EXERCISE PROMPT =>
Read the data below line by line and copy each one with "stop" in it.

(SOURCE DATA)

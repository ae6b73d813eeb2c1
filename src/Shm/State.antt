-- ===== src/Shm/State.antt =====
-- The state of kernel/ipc/shared_memory.cpp and of `struct SharedMemDesc` (kernel/ipc/ipc.h). A task is
-- also the number of its directory. `heap` is the addresses that `kmalloc` will give, and NULL
-- follows the last. `enabled` is the interrupt flag.
use makarna_x.Base.{
  ℕ, Bool, false, Option, none, some, List, [], ◌∷◌, ◌++◌, ◌==◌, if◌then◌else◌, without,
}
use makarna_x.DenemeFs.Store.{Outcome, done, fails, stop}
use makarna_x.Hash.Table.{null, IdHashTable, put, get}
use makarna_x.Spaces.State.{Vm}
use makarna_x.Flow.{Call}

-- `struct SharedMemInfo`; its id and key are also in the two hash tables.
pub record SharedMemInfo : Type 0 where
  pub id : ℕ
  pub key : ℕ
  pub size : ℕ
  pub page : ℕ
  pub task_list : List ℕ

-- `task` is the task in whose list the descriptor is.
pub record SharedMemDesc : Type 0 where
  pub start : ℕ
  pub end : ℕ
  pub task : ℕ
  pub info : ℕ

pub record Shm : Type 0 where
  pub vm : Vm
  pub infos : ℕ → SharedMemInfo
  pub descs : ℕ → SharedMemDesc
  pub key_ht : IdHashTable
  pub id_ht : IdHashTable
  pub next_shm_id : ℕ
  pub shared_mem_list : ℕ → List ℕ
  pub curr : ℕ
  pub heap : List ℕ
  pub enabled : Bool

abbrev pub S : Type 0 → Type 0
S A = Call Shm A

-- A call on the address spaces.
abbrev pub in_vm : {A : Type 0} → Call Vm A → S A
in_vm f s = ((f s.vm).0, record s { vm = (f s.vm).1 })

abbrev pub given : Shm → List ℕ → Outcome (Option ℕ) × Shm
given s [] = (done none, s)
given s (a ∷ rest) = (done (some a), record s { heap = rest })

abbrev pub kmalloc : S (Option ℕ)
kmalloc s = given s s.heap

abbrev pub kfree : ℕ → S (Unit {0})
kfree a s = (done tt, record s { heap = a ∷ s.heap })

-- eflags_read() and cli()
abbrev pub read_cli : S Bool
read_cli s = (done s.enabled, record s { enabled = false })

abbrev pub eflags_load : Bool → S (Unit {0})
eflags_load b s = (done tt, record s { enabled = b })

-- eflags_load(eflags); return set_return(tf, -1);
abbrev pub refuse : {A : Type 0} → Bool → S A
refuse b s = (fails 1, record s { enabled = b })

-- A node after `init`, with the id of its object.
abbrev pub new_node : IdHashTable → ℕ → ℕ → IdHashTable
new_node t n id = record t {
  id = λ m. if n == m then id else t.id m;
  prev = λ m. if n == m then null else t.prev m;
  next = λ m. if n == m then none else t.next m;
}

-- A `put` whose result is not read.
abbrev pub put_over : {A : Type 0} → Outcome A → Outcome (Unit {0})
put_over (done a) = done tt
put_over (fails n) = done tt
put_over stop = stop

abbrev pub put_key : ℕ → S (Unit {0})
put_key n s = (put_over (put n s.key_ht).0, record s { key_ht = (put n s.key_ht).1 })

abbrev pub put_id : ℕ → S (Unit {0})
put_id n s = (put_over (put n s.id_ht).0, record s { id_ht = (put n s.id_ht).1 })

abbrev pub or_halt : {A : Type 0} → Option A → S A
or_halt none s = (stop, s)
or_halt (some a) s = (done a, s)

abbrev pub get_key : ℕ → S (Option ℕ)
get_key key s = or_halt (get key s.key_ht) s

abbrev pub get_id : ℕ → S (Option ℕ)
get_id id s = or_halt (get id s.id_ht) s

abbrev pub put_info : Shm → ℕ → SharedMemInfo → Shm
put_info s a i = record s { infos = λ b. if a == b then i else s.infos b }

abbrev pub put_desc : Shm → ℕ → SharedMemDesc → Shm
put_desc s a d = record s { descs = λ b. if a == b then d else s.descs b }

abbrev pub put_list : Shm → ℕ → List ℕ → Shm
put_list s t l = record s { shared_mem_list = λ u. if t == u then l else s.shared_mem_list u }

-- The descriptor joins the list of its task and that of its memory.
abbrev pub enlist : ℕ → Shm → Shm
enlist a s =
    let d = s.descs a in
    let u = put_list s d.task (s.shared_mem_list d.task ++ a ∷ []) in
    put_info u d.info (record (u.infos d.info) { task_list = (u.infos d.info).task_list ++ a ∷ [] })

-- The end of `detach_shared_mem`: the descriptor leaves both lists.
abbrev pub delist : ℕ → Shm → Shm
delist a s =
    let d = s.descs a in
    let u = put_list s d.task (without a (s.shared_mem_list d.task)) in
    put_info u d.info (record (u.infos d.info) { task_list = without a (u.infos d.info).task_list })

(End SOURCE DATA)

FINISHED EXERCISE =>
use makarna_x.DenemeFs.Store.{Outcome, done, fails, stop}
put_over stop = stop
or_halt none s = (stop, s)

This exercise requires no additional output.